What to do:
Among the entries below, one line contains "guard-Kept (may_write c.writer c.next_id) (establish_on" and another contains "written-Kept true c". Transcribe those two lines and every line between them, exactly.

Stored data:
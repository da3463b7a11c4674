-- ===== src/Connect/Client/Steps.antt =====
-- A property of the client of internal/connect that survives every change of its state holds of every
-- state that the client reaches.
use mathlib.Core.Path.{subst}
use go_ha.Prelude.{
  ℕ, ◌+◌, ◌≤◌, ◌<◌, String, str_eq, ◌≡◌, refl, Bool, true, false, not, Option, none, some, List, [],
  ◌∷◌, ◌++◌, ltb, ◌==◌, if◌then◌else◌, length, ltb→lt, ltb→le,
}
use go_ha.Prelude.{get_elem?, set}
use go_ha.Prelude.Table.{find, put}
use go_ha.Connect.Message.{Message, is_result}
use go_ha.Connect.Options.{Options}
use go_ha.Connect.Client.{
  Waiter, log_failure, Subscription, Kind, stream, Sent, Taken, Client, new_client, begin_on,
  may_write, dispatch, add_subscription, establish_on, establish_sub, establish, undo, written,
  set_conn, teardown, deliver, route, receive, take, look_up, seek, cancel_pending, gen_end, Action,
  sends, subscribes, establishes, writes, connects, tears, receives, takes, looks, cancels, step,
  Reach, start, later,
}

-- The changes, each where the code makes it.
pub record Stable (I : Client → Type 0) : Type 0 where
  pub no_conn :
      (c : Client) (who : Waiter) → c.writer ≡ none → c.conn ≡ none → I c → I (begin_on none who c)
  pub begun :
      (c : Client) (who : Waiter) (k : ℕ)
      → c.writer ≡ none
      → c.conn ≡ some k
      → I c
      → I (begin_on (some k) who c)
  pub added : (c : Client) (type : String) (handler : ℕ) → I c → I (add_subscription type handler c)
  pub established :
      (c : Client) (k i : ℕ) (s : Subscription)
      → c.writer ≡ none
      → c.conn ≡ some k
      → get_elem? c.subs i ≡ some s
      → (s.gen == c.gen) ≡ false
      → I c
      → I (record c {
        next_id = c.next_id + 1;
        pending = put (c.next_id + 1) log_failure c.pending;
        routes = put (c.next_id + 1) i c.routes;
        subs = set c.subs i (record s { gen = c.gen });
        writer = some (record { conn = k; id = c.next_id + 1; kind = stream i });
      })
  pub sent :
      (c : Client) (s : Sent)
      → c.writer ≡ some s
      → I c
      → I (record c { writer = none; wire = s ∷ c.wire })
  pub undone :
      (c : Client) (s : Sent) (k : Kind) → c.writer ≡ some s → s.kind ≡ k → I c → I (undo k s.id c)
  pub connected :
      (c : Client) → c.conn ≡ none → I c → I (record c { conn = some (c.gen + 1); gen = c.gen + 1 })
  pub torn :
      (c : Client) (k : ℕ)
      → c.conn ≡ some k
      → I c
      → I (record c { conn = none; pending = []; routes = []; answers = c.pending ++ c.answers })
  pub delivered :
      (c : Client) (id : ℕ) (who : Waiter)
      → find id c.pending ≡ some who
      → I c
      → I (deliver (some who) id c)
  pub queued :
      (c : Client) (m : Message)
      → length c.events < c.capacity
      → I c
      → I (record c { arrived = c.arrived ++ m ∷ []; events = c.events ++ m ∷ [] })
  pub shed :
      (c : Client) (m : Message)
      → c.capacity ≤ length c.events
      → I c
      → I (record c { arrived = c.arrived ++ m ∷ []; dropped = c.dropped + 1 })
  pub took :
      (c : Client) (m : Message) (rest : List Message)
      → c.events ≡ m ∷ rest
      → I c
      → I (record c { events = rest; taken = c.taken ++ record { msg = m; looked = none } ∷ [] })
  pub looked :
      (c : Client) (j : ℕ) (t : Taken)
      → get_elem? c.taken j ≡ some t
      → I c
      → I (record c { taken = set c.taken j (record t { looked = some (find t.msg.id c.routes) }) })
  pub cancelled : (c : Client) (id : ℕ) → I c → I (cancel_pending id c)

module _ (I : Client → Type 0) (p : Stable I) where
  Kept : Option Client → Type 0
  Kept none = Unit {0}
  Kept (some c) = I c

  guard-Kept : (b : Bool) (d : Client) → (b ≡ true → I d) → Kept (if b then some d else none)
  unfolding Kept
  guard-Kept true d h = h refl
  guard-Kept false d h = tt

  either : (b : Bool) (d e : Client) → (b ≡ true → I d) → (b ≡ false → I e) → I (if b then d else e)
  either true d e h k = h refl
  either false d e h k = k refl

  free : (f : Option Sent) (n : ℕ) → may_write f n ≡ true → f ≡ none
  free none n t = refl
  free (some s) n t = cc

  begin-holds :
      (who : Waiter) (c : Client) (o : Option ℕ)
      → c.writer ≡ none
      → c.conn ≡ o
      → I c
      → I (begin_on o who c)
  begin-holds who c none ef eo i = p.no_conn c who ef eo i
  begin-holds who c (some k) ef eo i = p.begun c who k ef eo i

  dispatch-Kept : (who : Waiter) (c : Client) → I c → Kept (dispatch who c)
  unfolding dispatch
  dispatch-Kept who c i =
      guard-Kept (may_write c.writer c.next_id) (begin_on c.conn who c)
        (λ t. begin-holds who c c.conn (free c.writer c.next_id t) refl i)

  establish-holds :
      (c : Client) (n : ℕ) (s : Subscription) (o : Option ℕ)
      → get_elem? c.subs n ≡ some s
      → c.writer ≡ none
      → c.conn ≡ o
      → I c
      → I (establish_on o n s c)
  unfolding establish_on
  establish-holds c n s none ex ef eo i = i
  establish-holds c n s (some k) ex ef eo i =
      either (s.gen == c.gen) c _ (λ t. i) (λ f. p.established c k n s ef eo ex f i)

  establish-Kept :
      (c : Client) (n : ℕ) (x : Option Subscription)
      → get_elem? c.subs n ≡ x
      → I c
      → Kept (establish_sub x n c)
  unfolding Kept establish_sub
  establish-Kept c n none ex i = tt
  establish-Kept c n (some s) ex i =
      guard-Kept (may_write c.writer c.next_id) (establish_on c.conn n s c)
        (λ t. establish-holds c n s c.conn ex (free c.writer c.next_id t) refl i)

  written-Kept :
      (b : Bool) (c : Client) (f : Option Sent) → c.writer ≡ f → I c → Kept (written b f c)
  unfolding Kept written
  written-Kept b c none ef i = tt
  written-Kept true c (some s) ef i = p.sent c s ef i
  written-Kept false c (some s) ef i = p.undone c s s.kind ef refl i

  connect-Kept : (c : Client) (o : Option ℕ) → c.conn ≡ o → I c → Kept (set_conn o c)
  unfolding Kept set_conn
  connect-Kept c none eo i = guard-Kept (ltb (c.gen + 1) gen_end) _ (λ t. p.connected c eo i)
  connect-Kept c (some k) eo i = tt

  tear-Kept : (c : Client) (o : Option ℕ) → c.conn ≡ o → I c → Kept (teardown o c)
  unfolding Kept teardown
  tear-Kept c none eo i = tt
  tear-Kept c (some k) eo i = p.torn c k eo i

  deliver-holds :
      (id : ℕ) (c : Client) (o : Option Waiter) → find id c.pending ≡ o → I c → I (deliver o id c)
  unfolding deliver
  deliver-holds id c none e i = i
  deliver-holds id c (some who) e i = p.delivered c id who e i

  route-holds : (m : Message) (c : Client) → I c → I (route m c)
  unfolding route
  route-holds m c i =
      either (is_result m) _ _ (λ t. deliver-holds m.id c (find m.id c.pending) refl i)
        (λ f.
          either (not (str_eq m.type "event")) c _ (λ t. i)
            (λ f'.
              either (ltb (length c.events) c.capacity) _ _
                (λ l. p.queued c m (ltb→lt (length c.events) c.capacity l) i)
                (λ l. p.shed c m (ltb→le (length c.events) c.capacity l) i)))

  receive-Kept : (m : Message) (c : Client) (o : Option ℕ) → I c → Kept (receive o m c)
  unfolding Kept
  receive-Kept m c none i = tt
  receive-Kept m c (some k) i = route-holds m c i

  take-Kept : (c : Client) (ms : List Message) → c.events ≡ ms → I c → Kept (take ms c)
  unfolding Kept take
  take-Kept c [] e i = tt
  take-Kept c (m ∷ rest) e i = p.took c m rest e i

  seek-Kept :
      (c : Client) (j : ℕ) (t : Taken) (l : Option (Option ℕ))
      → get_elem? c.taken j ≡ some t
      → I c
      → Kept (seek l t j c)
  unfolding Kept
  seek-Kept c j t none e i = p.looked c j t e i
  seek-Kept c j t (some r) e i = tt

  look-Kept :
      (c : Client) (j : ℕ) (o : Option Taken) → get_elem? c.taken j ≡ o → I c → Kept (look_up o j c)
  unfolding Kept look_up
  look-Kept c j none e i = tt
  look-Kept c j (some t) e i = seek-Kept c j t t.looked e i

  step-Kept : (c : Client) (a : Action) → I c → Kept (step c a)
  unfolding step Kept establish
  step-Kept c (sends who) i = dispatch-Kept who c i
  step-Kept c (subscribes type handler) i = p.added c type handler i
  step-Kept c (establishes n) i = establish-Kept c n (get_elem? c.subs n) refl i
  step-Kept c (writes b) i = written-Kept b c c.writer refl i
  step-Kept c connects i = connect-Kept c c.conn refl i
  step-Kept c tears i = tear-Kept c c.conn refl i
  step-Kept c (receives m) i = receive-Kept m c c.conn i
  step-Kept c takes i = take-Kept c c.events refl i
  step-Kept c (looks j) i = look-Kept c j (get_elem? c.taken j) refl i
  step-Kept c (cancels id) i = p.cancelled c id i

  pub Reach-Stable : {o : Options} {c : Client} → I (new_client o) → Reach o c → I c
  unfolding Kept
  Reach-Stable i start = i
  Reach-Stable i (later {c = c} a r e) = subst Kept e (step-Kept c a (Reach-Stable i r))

Response to the exercise:
      guard-Kept (may_write c.writer c.next_id) (establish_on c.conn n s c)
        (λ t. establish-holds c n s c.conn ex (free c.writer c.next_id t) refl i)

  written-Kept :
      (b : Bool) (c : Client) (f : Option Sent) → c.writer ≡ f → I c → Kept (written b f c)
  unfolding Kept written
  written-Kept b c none ef i = tt
  written-Kept true c (some s) ef i = p.sent c s ef i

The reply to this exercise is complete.